(INPUT DATA Opens)
-- ===== src/Gate/Kept.antt =====
-- How long the replay map remembers a key.
use reka_serdoba.Common.{
  ℕ, ◌+◌, ◌-◌, ◌≤◌, ◌≡◌, refl, Bool, true, false, Option, none, some, List, [], ◌∷◌, leb, bytes_eq,
  bytes_eq_refl, Bool-cases, inl, inr, arith,
}
use reka_serdoba.Gate.{ReplayMap, seen_at, note, retain, is_there, check_replay, gate_replay}

-- It was seen at `t` or later.
abbrev pub at_least : ℕ → Option ℕ → Bool
at_least t none = false
at_least t (some seen) = leb t seen

retain-at_least :
    (key : List ℕ) (t cutoff : ℕ) (replay : ReplayMap)
    → cutoff ≤ t
    → at_least t (seen_at key replay) ≡ true
    → at_least t (seen_at key (retain cutoff replay)) ≡ true
unfolding retain seen_at
retain-at_least key t cutoff [] early h = absurd (cc h)
retain-at_least key t cutoff ((k, seen) ∷ replay) early h = elim (Bool-cases (bytes_eq k key)) [
  | inl e ↦
      let recent : leb t seen ≡ true = rw (e, seen_at) at h in
      let stays : leb cutoff seen ≡ true = ground (arith, recent, early) in rw stays (rw e recent)
  | inr e ↦
      let rest = retain-at_least key t cutoff replay early (rw (e, seen_at) at h) in
      elim (Bool-cases (leb cutoff seen)) [ inl f ↦ rw f (rw e rest) | inr f ↦ rw f rest ]
]

note-at_least :
    (key other : List ℕ) (t now : ℕ) (replay : ReplayMap)
    → t ≤ now
    → at_least t (seen_at key replay) ≡ true
    → at_least t (seen_at key (note other now replay)) ≡ true
unfolding note seen_at
note-at_least key other t now [] later h = absurd (cc h)
note-at_least key other t now ((k, seen) ∷ replay) later h = elim (Bool-cases (bytes_eq k other)) [
  | inl f ↦ rw f (elim (Bool-cases (bytes_eq k key)) [
    | inl e ↦ rw e (ground (arith, later))
    | inr e ↦ rw e (rw (e, seen_at) at h)
  ])
  | inr f ↦ rw f (elim (Bool-cases (bytes_eq k key)) [
    | inl e ↦ rw e (rw (e, seen_at) at h)
    | inr e ↦ rw e (note-at_least key other t now replay later (rw (e, seen_at) at h))
  ])
]

seen_at-note :
    (key : List ℕ) (now : ℕ) (replay : ReplayMap) → seen_at key (note key now replay) ≡ some now
unfolding note seen_at
seen_at-note key now [] = rw (bytes_eq_refl key) refl
seen_at-note key now ((k, seen) ∷ replay) = elim (Bool-cases (bytes_eq k key)) [
  | inl e ↦ rw e (rw e refl)
  | inr e ↦ rw e (rw e (seen_at-note key now replay))
]

-- The key that is checked is there afterwards.
pub check_replay-noted :
    (key : List ℕ) (now : ℕ) (replay : ReplayMap)
    → at_least now (seen_at key (check_replay key now replay).0) ≡ true
unfolding check_replay
check_replay-noted key now replay =
    rw (seen_at-note key now (retain (now - gate_replay) replay)) (ground arith)

-- A check within 180 seconds of `t` does not forget it.
pub check_replay-at_least :
    (key other : List ℕ) (t now : ℕ) (replay : ReplayMap)
    → t ≤ now
    → now ≤ t + gate_replay
    → at_least t (seen_at key replay) ≡ true
    → at_least t (seen_at key (check_replay other now replay).0) ≡ true
unfolding check_replay
check_replay-at_least key other t now replay later soon h =
    note-at_least key other t now (retain (now - gate_replay) replay) later
      (retain-at_least key t (now - gate_replay) replay (omega (arith, soon)) h)

-- And answers that it is there.
pub check_replay-there :
    (key : List ℕ) (t now : ℕ) (replay : ReplayMap)
    → now ≤ t + gate_replay
    → at_least t (seen_at key replay) ≡ true
    → (check_replay key now replay).1 ≡ true
unfolding check_replay
check_replay-there key t now replay soon h =
    found (seen_at key (retain (now - gate_replay) replay))
      (retain-at_least key t (now - gate_replay) replay (omega (arith, soon)) h)
  where
    found : (o : Option ℕ) → at_least t o ≡ true → is_there o ≡ true
    found none e = absurd (cc e)
    found (some seen) e = refl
(INPUT DATA Closes)
_EXERCISE DIRECTIONS_:
Give back the records above exactly, limited to the lines between the one holding "(key : List ℕ) (now : ℕ) (replay : ReplayMap) →" and the one holding "seen_at-note key now ((k, seen)", inclusive.

_TASK SOLUTION_:
    (key : List ℕ) (now : ℕ) (replay : ReplayMap) → seen_at key (note key now replay) ≡ some now
unfolding note seen_at
seen_at-note key now [] = rw (bytes_eq_refl key) refl
seen_at-note key now ((k, seen) ∷ replay) = elim (Bool-cases (bytes_eq k key)) [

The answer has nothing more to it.